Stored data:
*** Block opens ***

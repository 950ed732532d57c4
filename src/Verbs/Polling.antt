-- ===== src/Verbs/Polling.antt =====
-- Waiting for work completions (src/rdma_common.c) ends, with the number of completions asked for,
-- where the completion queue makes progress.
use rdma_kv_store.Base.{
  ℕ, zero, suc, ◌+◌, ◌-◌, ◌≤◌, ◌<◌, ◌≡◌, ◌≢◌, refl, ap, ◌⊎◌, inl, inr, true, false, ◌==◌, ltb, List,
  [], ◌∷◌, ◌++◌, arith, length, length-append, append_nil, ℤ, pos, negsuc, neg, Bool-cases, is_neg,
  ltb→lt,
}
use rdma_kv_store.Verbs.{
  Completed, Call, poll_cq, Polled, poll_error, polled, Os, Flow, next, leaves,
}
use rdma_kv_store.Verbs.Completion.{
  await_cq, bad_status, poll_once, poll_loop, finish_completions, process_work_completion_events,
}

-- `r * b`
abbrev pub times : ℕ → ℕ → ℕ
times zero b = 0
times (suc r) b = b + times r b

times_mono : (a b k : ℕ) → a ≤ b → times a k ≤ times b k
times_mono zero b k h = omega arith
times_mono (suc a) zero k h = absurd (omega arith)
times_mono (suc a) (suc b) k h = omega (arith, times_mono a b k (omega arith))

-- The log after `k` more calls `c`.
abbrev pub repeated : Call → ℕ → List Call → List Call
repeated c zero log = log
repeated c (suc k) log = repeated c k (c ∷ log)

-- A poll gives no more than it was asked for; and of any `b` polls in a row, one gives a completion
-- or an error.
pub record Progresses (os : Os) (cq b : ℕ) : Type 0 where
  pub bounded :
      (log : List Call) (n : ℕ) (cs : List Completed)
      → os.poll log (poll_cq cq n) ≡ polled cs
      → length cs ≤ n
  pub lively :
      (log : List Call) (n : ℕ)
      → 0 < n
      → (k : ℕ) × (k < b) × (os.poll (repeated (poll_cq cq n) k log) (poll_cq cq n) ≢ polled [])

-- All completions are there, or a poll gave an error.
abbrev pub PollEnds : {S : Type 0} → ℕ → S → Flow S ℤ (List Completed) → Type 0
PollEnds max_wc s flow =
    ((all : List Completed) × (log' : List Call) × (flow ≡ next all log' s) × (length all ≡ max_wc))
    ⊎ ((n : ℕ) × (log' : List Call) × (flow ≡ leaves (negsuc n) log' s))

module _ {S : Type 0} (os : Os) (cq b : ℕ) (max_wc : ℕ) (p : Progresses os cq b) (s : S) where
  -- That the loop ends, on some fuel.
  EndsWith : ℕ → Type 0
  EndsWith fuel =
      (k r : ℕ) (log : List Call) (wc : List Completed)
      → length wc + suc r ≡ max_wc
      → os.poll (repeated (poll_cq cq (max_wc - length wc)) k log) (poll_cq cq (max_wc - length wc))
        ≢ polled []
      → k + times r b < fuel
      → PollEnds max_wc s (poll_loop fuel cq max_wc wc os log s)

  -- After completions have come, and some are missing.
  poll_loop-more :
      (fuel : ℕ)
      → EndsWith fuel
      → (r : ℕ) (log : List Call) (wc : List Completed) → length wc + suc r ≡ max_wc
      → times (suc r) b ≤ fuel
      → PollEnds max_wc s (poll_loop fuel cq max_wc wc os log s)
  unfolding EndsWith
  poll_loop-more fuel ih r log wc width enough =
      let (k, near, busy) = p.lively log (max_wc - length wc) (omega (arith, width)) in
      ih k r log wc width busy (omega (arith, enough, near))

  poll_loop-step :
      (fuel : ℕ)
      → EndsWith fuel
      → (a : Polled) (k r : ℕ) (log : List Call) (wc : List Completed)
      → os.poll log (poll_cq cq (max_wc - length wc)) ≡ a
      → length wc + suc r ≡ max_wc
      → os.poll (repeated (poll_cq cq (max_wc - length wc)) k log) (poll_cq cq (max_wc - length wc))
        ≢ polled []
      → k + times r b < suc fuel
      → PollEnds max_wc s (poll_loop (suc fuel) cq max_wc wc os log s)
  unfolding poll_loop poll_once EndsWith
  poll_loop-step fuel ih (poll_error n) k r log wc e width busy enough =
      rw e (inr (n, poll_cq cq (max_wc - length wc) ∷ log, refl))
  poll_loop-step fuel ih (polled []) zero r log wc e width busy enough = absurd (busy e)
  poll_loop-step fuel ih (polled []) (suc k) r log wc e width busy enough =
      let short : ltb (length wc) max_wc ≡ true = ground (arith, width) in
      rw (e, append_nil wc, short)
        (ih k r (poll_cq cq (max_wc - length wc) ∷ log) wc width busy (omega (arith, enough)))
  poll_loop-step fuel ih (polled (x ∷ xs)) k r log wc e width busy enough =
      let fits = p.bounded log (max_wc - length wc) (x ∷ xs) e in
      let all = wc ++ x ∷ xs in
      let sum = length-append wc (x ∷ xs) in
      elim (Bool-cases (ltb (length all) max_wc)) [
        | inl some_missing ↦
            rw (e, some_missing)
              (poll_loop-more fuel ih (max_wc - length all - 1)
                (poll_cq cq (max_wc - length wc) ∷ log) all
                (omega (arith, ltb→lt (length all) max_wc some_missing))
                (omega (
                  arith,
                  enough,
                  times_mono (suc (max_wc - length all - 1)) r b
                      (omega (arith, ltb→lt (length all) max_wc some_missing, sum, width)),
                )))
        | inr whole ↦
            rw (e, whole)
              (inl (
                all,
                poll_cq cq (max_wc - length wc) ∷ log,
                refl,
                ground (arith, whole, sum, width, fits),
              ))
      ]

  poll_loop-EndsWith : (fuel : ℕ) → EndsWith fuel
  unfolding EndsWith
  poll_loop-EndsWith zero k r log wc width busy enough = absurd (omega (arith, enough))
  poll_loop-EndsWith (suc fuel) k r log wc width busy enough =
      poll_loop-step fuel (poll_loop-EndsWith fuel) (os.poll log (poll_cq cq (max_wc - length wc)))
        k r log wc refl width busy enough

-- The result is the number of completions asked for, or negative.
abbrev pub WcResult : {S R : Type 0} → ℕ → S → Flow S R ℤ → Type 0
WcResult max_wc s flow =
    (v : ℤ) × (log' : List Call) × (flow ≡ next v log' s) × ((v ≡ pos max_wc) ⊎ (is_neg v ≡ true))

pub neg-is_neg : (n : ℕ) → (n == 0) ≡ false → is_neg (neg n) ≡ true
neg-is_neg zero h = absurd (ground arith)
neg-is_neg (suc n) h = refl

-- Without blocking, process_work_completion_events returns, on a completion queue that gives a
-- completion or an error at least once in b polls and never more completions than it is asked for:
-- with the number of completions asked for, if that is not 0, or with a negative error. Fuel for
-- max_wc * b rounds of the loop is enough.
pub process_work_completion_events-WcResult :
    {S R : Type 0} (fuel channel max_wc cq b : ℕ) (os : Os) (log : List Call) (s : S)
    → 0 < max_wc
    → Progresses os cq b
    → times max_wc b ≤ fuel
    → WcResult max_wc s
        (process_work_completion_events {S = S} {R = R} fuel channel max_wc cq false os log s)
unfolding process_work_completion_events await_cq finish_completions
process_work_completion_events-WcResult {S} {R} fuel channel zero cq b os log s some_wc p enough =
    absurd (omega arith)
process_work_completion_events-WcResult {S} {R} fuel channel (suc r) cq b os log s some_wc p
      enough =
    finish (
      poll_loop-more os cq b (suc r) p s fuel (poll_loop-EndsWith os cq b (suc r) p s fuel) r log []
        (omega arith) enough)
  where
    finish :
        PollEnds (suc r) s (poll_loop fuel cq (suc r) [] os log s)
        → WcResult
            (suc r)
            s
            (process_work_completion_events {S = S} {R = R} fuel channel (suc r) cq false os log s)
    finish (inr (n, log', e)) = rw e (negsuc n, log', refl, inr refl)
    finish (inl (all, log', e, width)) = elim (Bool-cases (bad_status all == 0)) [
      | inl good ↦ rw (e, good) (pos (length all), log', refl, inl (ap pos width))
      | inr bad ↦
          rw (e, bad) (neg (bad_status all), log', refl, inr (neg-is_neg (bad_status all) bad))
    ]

*** Block closes ***

Could you please copy the lines above exactly, beginning at the first and ending at the line that contains "-- where the completion queue makes progress."?

ANSWER SECTION:
repository 950ed732532d57c4
filename src/Verbs/Polling.antt
-- ===== src/Verbs/Polling.antt =====
-- Waiting for work completions (src/rdma_common.c) ends, with the number of completions asked for,
-- where the completion queue makes progress.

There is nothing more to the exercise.